Once the questionnaire had been adapted, it was possible to carry out a measurement with teams in public administration. Initially, two workshops were conducted with study participants to introduce the study and the questionnaire for measuring agility. The authors applied a questionnaire for measuring agility and obtained quantitative data, which was evaluated by means of statistical analysis. The workshops were used to achieve a shared understanding of the dimensions of a consistent weighting of the relevant questions. A shared understanding of the dimensions is important for a measurement with the questionnaire. Only with shared understanding, the respective team can jointly make a weighting and thus set the goal of the measurement. In the following, the items of the questionnaire for measuring agility, which is used to accompany this case study, are presented. Table 2 shows the questions regarding the attitude and experience of the questioned participants. Originally, more demographic questions were planned, but the authors had to shorten them to preserve the anonymity of individual team members in the small sample at the team level (N ≤ 8).

The questionnaire for measuring agility considers the user-specific context. Therefore, the questionnaire contains weighting questions (see Table 3). For each of the six dimensions of the questionnaire, an additional item is defined that queries the importance of the dimension. The weighting questions are rated on a 7-point Likert scale with the following scale points: particularly important, important, rather important, neutral, rather unimportant, unimportant, and particularly unimportant. Weighting questions allow the user to determine which dimension is relevant to his or her context. For example, the product-driven dimension might be less important in an environment where many projects are carried out and fewer products are developed.

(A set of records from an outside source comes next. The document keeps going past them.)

-- ===== src/Chat/Laws/Life.antt =====
-- The calls of a chat, from `NewChatCell` on, and what holds after any number of them.
use go_cell_protocol.Prelude.{
  ℕ, String, Bool, ◌≡◌, true, List, [], Option, none, some, Result, ok, err, arith, if◌then◌else◌,
  Option-cases, inl, inr, str_eq, ◌==◌, ◌||◌, is_some, trim_space, all, ◌>>=◌,
}
use mathlib.Core.Path.{subst}
use go_cell_protocol.Value.{Value, null, str, list_value, normalize}
use go_cell_protocol.Identity.{Identity}
use go_cell_protocol.Interop.Chat.{ChatWire}
use go_cell_protocol.Interop.Chat.Build.{SignFunc}
use go_cell_protocol.Interop.Chat.{Descriptor, ChatInvitationArtifact}
use go_cell_protocol.Cell.{GeneralCell, Reading, value}
use go_cell_protocol.Cell.Handlers.{handler_for}
use go_cell_protocol.Chat.Access.{validate}
use go_cell_protocol.Chat.{Draft, ChatCell, ChatEnv}
use go_cell_protocol.Chat.New.{ChatCellOptions, new_chat_cell}
use go_cell_protocol.Chat.Messages.{store, send_message, draft_of, set_draft}
use go_cell_protocol.Chat.Rows.{rows, audience_mode_texts}
use go_cell_protocol.Chat.People.{ext_string}
use go_cell_protocol.Chat.Invitations.{
  people_from, invite_identities, targets, answer_audience, refused, refused,
}
use go_cell_protocol.Chat.Artifacts.{generate_artifacts, issue_with, eligible, owner_descriptor}
use go_cell_protocol.Chat.Dispatch.{sets_conditions, answered, allowed, chat_get, chat_set}
use go_cell_protocol.Chat.Write.{
  if_trigger, is_trigger_payload, send_draft, write, write_audience, inspected, write_composer,
}
use go_cell_protocol.Chat.Laws.Frame.{
  Kept, Leaves, leaves, branch, chat_get-Kept, set_draft-Kept, framed,
}
use go_cell_protocol.Chat.Laws.Ledger.{
  some_injective, Kept-Sound, store-Sound, invite_all-Sound, update_statuses-Sound, issue_all-Sound,
  accept_artifact-Sound,
}
use go_cell_protocol.Chat.Admission.{
  set_admission_conditions, apply_admission_conditions, admission_names, bad_conditions,
}
use go_cell_protocol.Chat.Laws.Sound.{nil-Sound, Sound}

-- A call of a chat, at any time and with any draws and tables, under the libraries of artifacts, or
-- whatever else becomes of its cell.
pub data Step (w : ChatWire) : ChatCell → ChatCell → Type 0 where
  gets :
      (e : ChatEnv) (c : ChatCell) (keypath : String) (requester : Option Identity)
      → e.wire ≡ w
      → Step w c (chat_get e c keypath requester).0
  sets :
      (e : ChatEnv) (c : ChatCell) (keypath : String) (v : Value) (requester : Option Identity)
      → e.wire ≡ w
      → Step w c (chat_set e c keypath v requester).0
  acts : (c : ChatCell) (cell : GeneralCell) → Step w c (record c { cell = cell })

-- The chats that calls reach from a new one.
pub data Reachable (w : ChatWire) : ChatCell → Type 0 where
  start :
      (e : ChatEnv) (owner : Option Identity) (options : ChatCellOptions)
      → Reachable w (new_chat_cell e owner options)
  next : {c d : ChatCell} → Reachable w c → Step w c d → Reachable w d

module _ (w : ChatWire) (e : ChatEnv) (same : e.wire ≡ w) (c : ChatCell) (s : Sound w c) where
  abbrev Fine : {A : Type 0} → ChatCell × A → Type 0
  Fine = Leaves (Sound w)

  unchanged : {A : Type 0} (a : A) → Fine (c, a)
  unchanged a = leaves (Sound w) c a s

  kept : {A : Type 0} (d : ChatCell) (a : A) → Kept c d → Fine (d, a)
  kept d a k = leaves (Sound w) d a (Kept-Sound w k s)

  drafted :
      (requester : Option Identity) (d : Draft) (a : Value) → Fine (set_draft c requester d, a)
  drafted requester d a = kept _ a (set_draft-Kept c requester d)

  stored :
      (requester : Option Identity) (d : Draft) (body content_type topic : String)
      → Fine (store e (set_draft c requester d) body content_type topic requester)
  stored requester d body content_type topic = record {
    chat =
        store-Sound w e (set_draft c requester d) body content_type topic requester
          (drafted requester d null).chat;
  }

  issued :
      (o : Option SignFunc) (p : Option Descriptor) (uuids : List String)
      → Fine (issue_with e c o p uuids)
  issued (some sign) (some owner) uuids = issue_all-Sound w e sign owner _ c [] s
  issued (some sign) none uuids = unchanged _
  issued none p uuids = unchanged _

  generate_artifacts-Sound : (v : Value) → Fine (generate_artifacts e c v)
  unfolding generate_artifacts
  generate_artifacts-Sound v = targeted (targets e c v true)
    where
      targeted :
          (o : Option (List String × Bool))
          → Fine (elim o as (λ o. ChatCell × Value) [
            | none ↦ (c, refused "invalid invitation target payload")
            | some (uuids, is_all) ↦
                if is_all || all (eligible e c) uuids
                then issue_with e c c.sign (owner_descriptor c) uuids
                else (
                  c,
                  refused "invitation targets must all reference eligible invitation records",
                )
          ])
      targeted none = unchanged _
      targeted (some (uuids, is_all)) =
          branch Fine (is_all || all (eligible e c) uuids) _ _
            (issued c.sign (owner_descriptor c) uuids) (unchanged _)

  set_admission_conditions-Sound : (v : Value) → Fine (set_admission_conditions e c v)
  unfolding set_admission_conditions apply_admission_conditions
  set_admission_conditions-Sound v = named (list_value e.env.codec v >>= admission_names [])
    where
      named :
          (o : Option (List String))
          → Fine (elim o as (λ o. ChatCell × Value) [
            | none ↦ (c, bad_conditions)
            | some names ↦ (apply_admission_conditions e c names, rows str names)
          ])
      named none = unchanged _
      named (some names) = kept _ _ (framed c _ c.audience_mode c.participants c.drafts)

  send_message-Sound :
      (v : Value) (requester : Option Identity) → Fine (send_message e c v requester)
  unfolding send_message
  send_message-Sound v requester =
      branch Fine _ _ _
        (drafted requester (draft_of c requester) (str "error: invalid chat payload"))
        (stored requester (draft_of c requester) _ _ _)

  write_composer-Sound :
      (keypath : String) (v : Value) (requester : Option Identity)
      → Fine (write_composer e c keypath v requester)
  unfolding write_composer
  write_composer-Sound keypath v requester =
      let shown = λ (d : Draft) (a : Value). drafted requester d a in
      on "compose.body" _ _ (shown _ _) (
        on "compose.contentType" _ _ (shown _ _) (
          branch Fine (str_eq keypath "sendMessage" || str_eq keypath "addMessage") _ _
            (send_message-Sound v requester)
            (on "sendComposedMessage" _ _ (triggers _ sends)
              (on "clearComposer" _ _ (triggers _ (shown _ _)) (unchanged null)))))
    where
      on :
          (name : String) (x y : ChatCell × Value)
          → Fine x
          → Fine y
          → Fine (if str_eq keypath name then x else y)
      on name = branch Fine (str_eq keypath name)

      triggers : (x : ChatCell × Value) → Fine x → Fine (if_trigger v c x)
      triggers x h = branch Fine (is_trigger_payload v) _ _ h (unchanged _)

      sends : Fine (send_draft e c requester)
      sends =
          branch Fine (str_eq (trim_space (draft_of c requester).body) "") _ _
            (drafted requester (draft_of c requester) (str "error: empty composer body"))
            (stored requester (record (draft_of c requester) { body = "" }) _ _ _)

  -- What `write_audience` answers, where it does.
  record Given (o : Option (ChatCell × Value)) : Type 0 where
    given : (x : ChatCell × Value) → o ≡ some x → Fine x

  gives : (x : ChatCell × Value) → Fine x → Given (some x)
  gives x h = record { given = λ y q. subst Fine (some_injective q) h }

  inspected-Sound : (o : Option ChatInvitationArtifact) → Fine (inspected e c o)
  inspected-Sound none = unchanged _
  inspected-Sound (some a) = unchanged _

  write_audience-Sound :
      (keypath : String) (v : Value) (requester : Option Identity)
      → Given (write_audience e c keypath v requester)
  unfolding write_audience invite_identities
  write_audience-Sound keypath v requester =
      on "audience.mode" _ _
        (branch Fine (is_some (audience_mode_texts (ext_string v))) _ _
          (kept _ _ (framed c c.cell (ext_string v) c.participants c.drafts)) (unchanged _))
        (on "audience.inviteIdentities" _ _
          (leaves (Sound w) _ _ (invite_all-Sound w e (people_from e c v) c s))
          (on "audience.generateInvitationArtifacts" _ _ (generate_artifacts-Sound v) (
            on "audience.generateInvitationAcceptance" _ _ (unchanged _) (
              on "audience.acceptInvitationArtifact" _ _ (accept_artifact-Sound w e c v same s) (
                on "audience.inspectInvitationArtifact" _ _ (inspected-Sound _) (
                  on "audience.acceptInvites" _ _ (update_statuses-Sound w e c v "accepted" s) (
                    on "audience.declineInvites" _ _ (update_statuses-Sound w e c v "declined" s) (
                      on "audience.revokeInvites" _ _ (update_statuses-Sound w e c v "revoked" s)
                        (on "audience.clearInvites" _ _ cleared nothing)))))))))
    where
      on :
          (name : String) (x : ChatCell × Value) (o : Option (ChatCell × Value))
          → Fine x
          → Given o
          → Given (if str_eq keypath name then some x else o)
      on name x o h k = branch Given (str_eq keypath name) _ _ (gives x h) k

      nothing : Given none
      nothing = record { given = λ x q. absurd (cc) }

      cleared : Fine (answer_audience e (record c { invitations = []; consumed = [] }))
      cleared = leaves (Sound w) _ _ (nil-Sound w c s.bounded)

  write-Sound :
      (keypath : String) (v : Value) (requester : Option Identity)
      → Fine (write e c keypath v requester)
  unfolding write
  write-Sound keypath v requester =
      elim (Option-cases (write_audience e c keypath (normalize e.env.codec v) requester)) [
        | inl n ↦ rw (n, write) (write_composer-Sound keypath (normalize e.env.codec v) requester)
        | inr (x, n) ↦
            rw (n, write)
              ((write_audience-Sound keypath (normalize e.env.codec v) requester).given x n)
      ]

  chat_set-Sound :
      (keypath : String) (v : Value) (requester : Option Identity)
      → Fine (chat_set e c keypath v requester)
  unfolding chat_set
  chat_set-Sound keypath v requester =
      checked (validate e (allowed e c requester) c "write" keypath requester)
        (handler_for keypath c.cell.set_handlers)
    where
      told : (x : ChatCell × Value) → Fine x → Fine (answered e x)
      told x h = leaves (Sound w) x.0 _ h.chat

      checked :
          (r : Result (Unit {0})) (o : Option ℕ)
          → Fine (elim r as (λ r. ChatCell × Result Reading) [
            | err x ↦ (c, err x)
            | ok _ ↦ elim o as (λ o. ChatCell × Result Reading) [
              | none ↦ (c, ok (value null))
              | some h ↦
                  if h == sets_conditions
                  then answered e (set_admission_conditions e c v)
                  else answered e (write e c keypath v requester)
            ]
          ])
      checked (err x) o = unchanged _
      checked (ok x) none = unchanged _
      checked (ok x) (some h) =
          branch Fine (h == sets_conditions) _ _ (told _ (set_admission_conditions-Sound v))
            (told _ (write-Sound keypath v requester))

Step-Sound : {w : ChatWire} {c d : ChatCell} → Step w c d → Sound w c → Sound w d
Step-Sound {w} (gets e c keypath requester same) s =
    Kept-Sound w (chat_get-Kept e c keypath requester).chat s
Step-Sound {w} (acts c cell) s =
    Kept-Sound w (framed c cell c.audience_mode c.participants c.drafts) s
Step-Sound {w} (sets e c keypath v requester same) s =
    (chat_set-Sound w e same c s keypath v requester).chat

-- After any calls of a chat, by anyone and at any times, and whatever its cell has become: it holds no more messages than its limit;
-- every acceptance in a record answers the artifact beside it, for the identity under whose UUID
-- the record stands, and carries a signature that verifies under the key that the artifact invites;
-- and no two invitations of the ledger were consumed by the same acceptance.
pub Reachable-Sound : {w : ChatWire} {c : ChatCell} → Reachable w c → Sound w c
unfolding new_chat_cell
Reachable-Sound {w} (start e owner options) =
    nil-Sound w (new_chat_cell e owner options) (omega arith)
Reachable-Sound {w} (next r s) = Step-Sound s (Reachable-Sound r)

In addition to the weighting questions, the questionnaire includes 28 items. With the exception of the communicative dimension, which contains eight items, all dimensions contain four items and form a psychometric scale in the individual dimensions. Those items are assigned to six dimensions (communicative, change-affine, iterative, self-organized, product-driven and improvement-oriented), as shown in Table 4 and are used to assess the agility of a team. Regarding the scale points, a 7-point Likert scale was chosen. For the definition of the dimensions, the agile values were compared with the traditional values. Based on the agile expression of the defined value pairs, the six dimensions for the questionnaire were defined based on a mixed strategy with aspects of intuitive, rational, criteria-oriented and factor-analytical construction (Looks et al., 2021). The individual scale points are verbalized as follows: totally agree, agree, rather agree, neutral, rather disagree, disagree, and totally disagree.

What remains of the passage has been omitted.